### WORK INSTRUCTION
Set out exactly, line by line, the stretch of data below that begins at the line containing "n bytes) fd'))" and ends at the line containing "((done, fd'), refl, nothing done bytes fd fd' (now", with both ends kept.

### INPUT
-*-
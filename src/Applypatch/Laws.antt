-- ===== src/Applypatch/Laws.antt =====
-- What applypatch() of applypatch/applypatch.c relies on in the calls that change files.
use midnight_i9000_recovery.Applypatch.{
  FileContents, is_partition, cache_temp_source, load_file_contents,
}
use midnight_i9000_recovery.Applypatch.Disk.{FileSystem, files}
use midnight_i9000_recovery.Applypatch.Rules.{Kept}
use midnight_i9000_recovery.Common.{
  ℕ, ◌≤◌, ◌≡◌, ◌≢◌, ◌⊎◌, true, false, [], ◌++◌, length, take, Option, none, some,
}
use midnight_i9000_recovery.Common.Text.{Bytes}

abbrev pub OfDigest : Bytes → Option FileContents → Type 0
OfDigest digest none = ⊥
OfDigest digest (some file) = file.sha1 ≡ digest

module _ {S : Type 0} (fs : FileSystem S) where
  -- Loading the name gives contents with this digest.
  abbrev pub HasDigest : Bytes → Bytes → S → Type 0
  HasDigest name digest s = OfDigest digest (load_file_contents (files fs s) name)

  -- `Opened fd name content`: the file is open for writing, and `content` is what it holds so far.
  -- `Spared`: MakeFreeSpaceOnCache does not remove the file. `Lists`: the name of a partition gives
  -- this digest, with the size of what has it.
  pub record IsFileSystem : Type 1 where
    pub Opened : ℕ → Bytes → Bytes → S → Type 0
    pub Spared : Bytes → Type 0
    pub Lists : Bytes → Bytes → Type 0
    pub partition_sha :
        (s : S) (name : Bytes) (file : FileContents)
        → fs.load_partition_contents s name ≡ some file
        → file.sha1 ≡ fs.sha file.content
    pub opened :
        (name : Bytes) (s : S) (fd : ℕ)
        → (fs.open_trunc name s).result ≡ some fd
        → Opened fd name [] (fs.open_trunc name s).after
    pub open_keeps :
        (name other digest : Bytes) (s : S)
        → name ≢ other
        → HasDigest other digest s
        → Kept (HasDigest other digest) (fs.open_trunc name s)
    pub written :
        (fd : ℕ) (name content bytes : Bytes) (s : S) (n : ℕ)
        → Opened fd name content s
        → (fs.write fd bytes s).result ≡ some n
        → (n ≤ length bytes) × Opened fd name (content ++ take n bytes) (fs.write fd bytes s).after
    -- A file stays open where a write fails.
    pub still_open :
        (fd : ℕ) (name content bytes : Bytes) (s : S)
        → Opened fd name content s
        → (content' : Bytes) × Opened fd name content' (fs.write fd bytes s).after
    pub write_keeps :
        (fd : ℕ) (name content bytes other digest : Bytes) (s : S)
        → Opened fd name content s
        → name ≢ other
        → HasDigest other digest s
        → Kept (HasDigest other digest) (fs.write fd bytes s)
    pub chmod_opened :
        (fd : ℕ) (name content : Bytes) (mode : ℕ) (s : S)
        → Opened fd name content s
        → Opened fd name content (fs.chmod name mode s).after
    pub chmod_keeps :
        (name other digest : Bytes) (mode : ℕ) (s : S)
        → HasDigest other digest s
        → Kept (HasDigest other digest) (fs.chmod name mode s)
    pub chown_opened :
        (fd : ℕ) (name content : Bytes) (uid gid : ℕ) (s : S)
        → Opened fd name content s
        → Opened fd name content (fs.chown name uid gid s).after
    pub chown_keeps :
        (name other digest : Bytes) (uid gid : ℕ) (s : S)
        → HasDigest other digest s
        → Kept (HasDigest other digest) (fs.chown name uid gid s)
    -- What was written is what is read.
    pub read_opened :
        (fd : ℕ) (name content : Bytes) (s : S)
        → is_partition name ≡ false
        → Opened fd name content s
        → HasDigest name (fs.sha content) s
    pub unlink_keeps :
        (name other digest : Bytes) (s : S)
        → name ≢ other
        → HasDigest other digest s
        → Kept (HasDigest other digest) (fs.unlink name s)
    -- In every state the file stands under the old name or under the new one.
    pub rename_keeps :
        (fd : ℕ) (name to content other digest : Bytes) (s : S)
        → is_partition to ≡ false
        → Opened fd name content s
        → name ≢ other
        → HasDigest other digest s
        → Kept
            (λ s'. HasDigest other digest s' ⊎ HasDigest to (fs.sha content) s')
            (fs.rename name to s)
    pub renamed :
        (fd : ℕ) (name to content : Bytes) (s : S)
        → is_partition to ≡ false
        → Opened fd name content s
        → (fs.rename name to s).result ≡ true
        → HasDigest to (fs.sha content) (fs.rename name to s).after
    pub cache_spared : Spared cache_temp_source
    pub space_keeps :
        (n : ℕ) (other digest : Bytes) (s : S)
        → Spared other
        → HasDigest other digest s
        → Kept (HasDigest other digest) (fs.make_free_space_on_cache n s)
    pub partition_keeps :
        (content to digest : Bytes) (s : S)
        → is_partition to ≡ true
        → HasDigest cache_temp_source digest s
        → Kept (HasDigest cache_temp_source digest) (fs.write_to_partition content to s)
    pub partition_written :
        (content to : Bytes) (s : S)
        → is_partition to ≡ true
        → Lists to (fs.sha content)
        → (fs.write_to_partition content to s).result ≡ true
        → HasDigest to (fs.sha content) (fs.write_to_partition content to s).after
-*-
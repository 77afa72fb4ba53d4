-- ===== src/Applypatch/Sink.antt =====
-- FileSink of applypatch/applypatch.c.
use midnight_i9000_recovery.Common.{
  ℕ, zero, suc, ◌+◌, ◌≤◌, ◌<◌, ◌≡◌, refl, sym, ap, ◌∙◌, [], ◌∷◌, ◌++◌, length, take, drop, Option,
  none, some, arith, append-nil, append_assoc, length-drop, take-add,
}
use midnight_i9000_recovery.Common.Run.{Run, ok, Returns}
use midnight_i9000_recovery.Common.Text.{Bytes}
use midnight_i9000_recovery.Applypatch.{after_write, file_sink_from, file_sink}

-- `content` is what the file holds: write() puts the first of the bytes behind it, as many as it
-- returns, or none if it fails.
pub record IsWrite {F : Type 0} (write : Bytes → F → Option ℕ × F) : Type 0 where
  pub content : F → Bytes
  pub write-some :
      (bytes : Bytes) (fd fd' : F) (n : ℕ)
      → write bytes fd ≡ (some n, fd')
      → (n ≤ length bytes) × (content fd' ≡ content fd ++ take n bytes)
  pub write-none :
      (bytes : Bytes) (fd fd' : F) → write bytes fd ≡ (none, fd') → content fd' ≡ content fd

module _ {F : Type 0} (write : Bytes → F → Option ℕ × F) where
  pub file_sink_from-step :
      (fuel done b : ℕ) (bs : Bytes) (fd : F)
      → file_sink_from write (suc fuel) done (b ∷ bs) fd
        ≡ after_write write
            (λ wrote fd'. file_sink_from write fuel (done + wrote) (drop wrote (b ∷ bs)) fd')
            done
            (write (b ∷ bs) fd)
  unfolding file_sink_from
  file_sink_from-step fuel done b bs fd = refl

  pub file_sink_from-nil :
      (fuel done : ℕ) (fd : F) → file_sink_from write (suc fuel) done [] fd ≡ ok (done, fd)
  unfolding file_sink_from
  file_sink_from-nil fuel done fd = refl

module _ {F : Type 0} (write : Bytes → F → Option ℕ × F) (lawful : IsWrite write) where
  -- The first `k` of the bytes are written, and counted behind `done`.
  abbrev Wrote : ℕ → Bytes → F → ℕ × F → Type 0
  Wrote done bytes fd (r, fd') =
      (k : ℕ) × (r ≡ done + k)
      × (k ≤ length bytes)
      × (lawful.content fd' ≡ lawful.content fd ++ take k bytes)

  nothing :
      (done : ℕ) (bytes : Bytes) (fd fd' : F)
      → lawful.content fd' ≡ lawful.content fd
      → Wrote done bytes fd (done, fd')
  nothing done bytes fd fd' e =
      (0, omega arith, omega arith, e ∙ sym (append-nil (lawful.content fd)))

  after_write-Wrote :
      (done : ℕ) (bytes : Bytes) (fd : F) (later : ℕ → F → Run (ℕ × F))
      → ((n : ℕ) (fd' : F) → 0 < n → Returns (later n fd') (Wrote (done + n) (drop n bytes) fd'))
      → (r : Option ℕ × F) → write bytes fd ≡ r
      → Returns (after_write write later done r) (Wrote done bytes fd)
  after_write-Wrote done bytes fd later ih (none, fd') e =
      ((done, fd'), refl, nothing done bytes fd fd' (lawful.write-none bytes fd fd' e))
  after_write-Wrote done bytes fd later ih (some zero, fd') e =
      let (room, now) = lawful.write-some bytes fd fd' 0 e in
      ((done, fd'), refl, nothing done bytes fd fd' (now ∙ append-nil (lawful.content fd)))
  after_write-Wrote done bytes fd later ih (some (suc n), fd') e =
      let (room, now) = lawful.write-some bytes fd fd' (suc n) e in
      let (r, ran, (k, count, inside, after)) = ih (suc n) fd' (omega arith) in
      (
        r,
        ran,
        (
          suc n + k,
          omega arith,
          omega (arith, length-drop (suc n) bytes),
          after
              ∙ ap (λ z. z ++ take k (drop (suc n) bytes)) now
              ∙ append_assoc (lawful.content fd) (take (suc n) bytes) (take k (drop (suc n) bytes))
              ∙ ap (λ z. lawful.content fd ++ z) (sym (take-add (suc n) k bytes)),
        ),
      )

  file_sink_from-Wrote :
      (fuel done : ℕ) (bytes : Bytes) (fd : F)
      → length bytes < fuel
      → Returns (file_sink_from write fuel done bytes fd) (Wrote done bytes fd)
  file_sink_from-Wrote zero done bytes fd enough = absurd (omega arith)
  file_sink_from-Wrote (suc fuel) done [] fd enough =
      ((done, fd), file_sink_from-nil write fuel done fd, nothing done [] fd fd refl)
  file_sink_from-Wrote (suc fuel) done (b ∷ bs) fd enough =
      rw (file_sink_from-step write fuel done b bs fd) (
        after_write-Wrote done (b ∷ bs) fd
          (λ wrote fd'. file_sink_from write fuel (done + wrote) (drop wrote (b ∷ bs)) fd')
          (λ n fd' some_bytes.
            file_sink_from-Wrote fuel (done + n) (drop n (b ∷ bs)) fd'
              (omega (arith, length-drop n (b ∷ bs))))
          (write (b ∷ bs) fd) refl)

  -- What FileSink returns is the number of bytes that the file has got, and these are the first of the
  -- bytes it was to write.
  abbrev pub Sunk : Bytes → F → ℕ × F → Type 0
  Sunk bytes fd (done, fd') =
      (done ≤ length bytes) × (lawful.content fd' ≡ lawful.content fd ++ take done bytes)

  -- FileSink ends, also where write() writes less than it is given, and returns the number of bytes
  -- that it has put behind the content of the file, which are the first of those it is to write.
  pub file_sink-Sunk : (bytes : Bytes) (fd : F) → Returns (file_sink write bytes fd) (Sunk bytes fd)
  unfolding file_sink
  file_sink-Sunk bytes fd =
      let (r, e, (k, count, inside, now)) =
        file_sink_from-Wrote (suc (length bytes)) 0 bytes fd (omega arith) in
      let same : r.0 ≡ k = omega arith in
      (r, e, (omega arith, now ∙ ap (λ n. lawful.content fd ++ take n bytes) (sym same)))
-*-
### RESULT OF THE TASK
      → ((n : ℕ) (fd' : F) → 0 < n → Returns (later n fd') (Wrote (done + n) (drop n bytes) fd'))
      → (r : Option ℕ × F) → write bytes fd ≡ r
      → Returns (after_write write later done r) (Wrote done bytes fd)
  after_write-Wrote done bytes fd later ih (none, fd') e =
      ((done, fd'), refl, nothing done bytes fd fd' (lawful.write-none bytes fd fd' e))
  after_write-Wrote done bytes fd later ih (some zero, fd') e =
      let (room, now) = lawful.write-some bytes fd fd' 0 e in
      ((done, fd'), refl, nothing done bytes fd fd' (now ∙ append-nil (lawful.content fd)))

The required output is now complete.